The Prehistory. In the evening we do the whole family homework of the son (3 kL) on literature. I had to remember some stories.
The history. Let us go to sleep. I say to my wife:
Let’s play a fairy tale, who do you want to be?
And, looking into her honest eyes, I anticipate the answer and answer myself:
I’m going to play the "Sleeping Beauty"))
ChiKa
The Indian speaks to the bull. “I dream of climbing the top of a tree,” she said, “but I have so little strength.” "Why shouldn’t you swear my mouth? - answered the bull, - it contains a lot of nutrients". The indian glued a bunch of dirt, and it really gave her enough strength to climb the bottom branch of the tree. The next day, having eaten again, she reached the second branch. Finally, on the fourth day, the turkey proudly sat on the top of the tree. There, a farmer noticed her and shot her with a gun. The moral of history: manipulation with shit can help you climb to the top, but it won’t keep you there.
Wwwwwwwwwww
It was necessary to knit a special shit to help escape the bullets.
Wwwwwwwwwww
The shit that Neo cried in the matrix.
A husband walks around the apartment with a cat in his arms and sings, “Look how nice the cat you live with is.”

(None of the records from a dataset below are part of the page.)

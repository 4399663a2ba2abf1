-- ===== src/Go/Strings.antt =====
-- The package strings.
use web_scraper.Base.{
  ltb, length, List, ◌+◌, if◌then◌else◌, ℕ, Bool, true, false, ◌&&◌, ◌||◌, Option, none, some, [],
  ◌∷◌, ◌++◌, Text, leb, ◌==◌, is_empty,
}

-- white space of one, two and three bytes in UTF-8
abbrev space1 : ℕ → Bool
space1 a = (leb 9 a && leb a 13) || a == 32

abbrev space2 : ℕ → ℕ → Bool
space2 a b = a == 0xC2 && (b == 0x85 || b == 0xA0)

abbrev space3 : ℕ → ℕ → ℕ → Bool
space3 a b c =
    (a == 0xE1 && b == 0x9A && c == 0x80)
    || (a == 0xE2
        && b == 0x80
        && ((leb 0x80 c && leb c 0x8A) || c == 0xA8 || c == 0xA9 || c == 0xAF))
    || (a == 0xE2 && b == 0x81 && c == 0x9F)
    || (a == 0xE3 && b == 0x80 && c == 0x80)

-- the text without the white space before it
unfoldable trim_left : Text → Text
trim_left [] = []
trim_left (a ∷ []) = elim (space1 a) [ true ↦ [] | false ↦ a ∷ [] ]
trim_left (a ∷ b ∷ []) = elim (space1 a) [
  | true ↦ trim_left (b ∷ [])
  | false ↦ elim (space2 a b) [ true ↦ [] | false ↦ a ∷ b ∷ [] ]
]
trim_left (a ∷ b ∷ c ∷ s) = elim (space1 a) [
  | true ↦ trim_left (b ∷ c ∷ s)
  | false ↦ elim (space2 a b) [
    | true ↦ trim_left (c ∷ s)
    | false ↦ elim (space3 a b c) [ true ↦ trim_left s | false ↦ a ∷ b ∷ c ∷ s ]
  ]
]

-- the text up to the white space that ends it
unfoldable trim_right : Text → Text
unfolding trim_left
trim_right [] = []
trim_right (a ∷ s) = elim (is_empty (trim_left (a ∷ s))) [ true ↦ [] | false ↦ a ∷ trim_right s ]

-- strings.TrimSpace
unfoldable pub trim_space : Text → Text
unfolding trim_left trim_right
trim_space s = trim_right (trim_left s)

-- strings.SplitN(s, " ", 2), when it has two parts; `before` is what has been passed
unfoldable pub split_space : Text → Text → Option (Text × Text)
split_space before [] = none
split_space before (c ∷ s) = elim (c == 32) [
  | true ↦ some (before, s)
  | false ↦ split_space (before ++ c ∷ []) s
]

-- strings.HasPrefix
unfoldable pub has_prefix : Text → Text → Bool
has_prefix s [] = true
has_prefix [] (p ∷ pre) = false
has_prefix (c ∷ s) (p ∷ pre) = c == p && has_prefix s pre

-- strings.Contains
unfoldable pub contains : Text → Text → Bool
unfolding has_prefix
contains [] sub = has_prefix [] sub
contains (c ∷ s) sub = has_prefix (c ∷ s) sub || contains s sub

-- strings.Split at one character, in the piece `w`
unfoldable split_from : ℕ → Text → Text → List Text
split_from sep w [] = w ∷ []
split_from sep w (c ∷ s) = elim (c == sep) [
  | true ↦ w ∷ split_from sep [] s
  | false ↦ split_from sep (w ++ c ∷ []) s
]

unfoldable pub split : ℕ → Text → List Text
unfolding split_from
split sep s = split_from sep [] s

-- the order of sort.Strings
unfoldable pub text_le : Text → Text → Bool
text_le [] t = true
text_le (a ∷ s) [] = false
text_le (a ∷ s) (b ∷ t) = ltb a b || (a == b && text_le s t)

-- the first of strings.Fields, for a text with no white space before it
unfoldable pub first_word : Text → Text
unfolding trim_left
first_word [] = []
first_word (a ∷ s) =
    let rest = first_word s in
    if ltb (length (trim_left (a ∷ s))) (length (a ∷ s)) then [] else a ∷ rest

-- strings.ToLower as far as its result is ASCII: the letters A to Z, İ and the Kelvin sign; other
-- characters are kept, whose lower case is not ASCII either
unfoldable pub ascii_lower : Text → Text
ascii_lower [] = []
ascii_lower (a ∷ []) = (if leb b'A' a && leb a b'Z' then a + 32 else a) ∷ []
ascii_lower (a ∷ b ∷ []) = elim (a == 0xC4 && b == 0xB0) [
  | true ↦ b'i' ∷ []
  | false ↦ (if leb b'A' a && leb a b'Z' then a + 32 else a) ∷ ascii_lower (b ∷ [])
]
ascii_lower (a ∷ b ∷ c ∷ s) = elim (a == 0xC4 && b == 0xB0) [
  | true ↦ b'i' ∷ ascii_lower (c ∷ s)
  | false ↦ elim (a == 0xE2 && b == 0x84 && c == 0xAA) [
    | true ↦ b'k' ∷ ascii_lower s
    | false ↦ (if leb b'A' a && leb a b'Z' then a + 32 else a) ∷ ascii_lower (b ∷ c ∷ s)
  ]
]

Qwin: Okay, the guy is singing!
k03Mad: Well, in general, I can't tolerate rap, and this "I live on the seventh floor - it's like the sixth, only one higher" - generally hysterical...
Listen to his song today and tomorrow.
K03Mad: ughu, and the song there: tomorrow is like today, only a day later?
Linux community in its repertoire:
The question:
Error in installing this driver. Sorry to.
Please check out the journal for details: /var/log/jockey.log
The answers:
-może być, ja będę pisać tutaj po-polsku? How do I go to będe?
-還是中國
- TS, legi la regulojn de [reference]
- ĝi estas la ĉina aŭ japana?
You are all fucking here!
Captain of Evidence?
Aaa> I know of one such case. In the small town there were two PPS car patrols at night. We met at an absolutely empty intersection at four o’clock in the morning. One on the main, the other with the lighthouses...
XXX: I’ll try to get the money.
xxx: to copy
xxx: yes, by the way, Zhenya and Olya Pamfilova in a very interesting abbreviation is reduced))) Better I will be Akmolova
Take the double better. The puzzle will come together.
Q: Is your daughter going to get married?
WOW: No, all the bridesmaids override, will not be decided at all
What to pick them - all the same, well plus-minus a couple of centimeters
Yyy: - Dear, I have an idea to diversify our intimate life.
XXX: Do you want to invite a third?? to
YYY: No, my fantasies haven’t grown up yet. No need for a third!
XXX is mm. Can we invite the second? XD is
YYY: O_O
New short saying: "On arrival in Tahiti do not taite aunt titi, there is no reason to taite aunt titi in Tahiti" :D
Video on YouTube.
The ceremony took place in the sleeping area of the city, in the southeastern part of Kazan. There are no factories and industrial complexes nearby. The sound lasted about 5 minutes. The source of the sound came from everywhere; it was as if a giant metal was hovering under the ground or in the sky, I had never heard anything like that.
And the comments:
This is the alarm of Chuck Norris.
the variant of alkas with the pipe still in force? )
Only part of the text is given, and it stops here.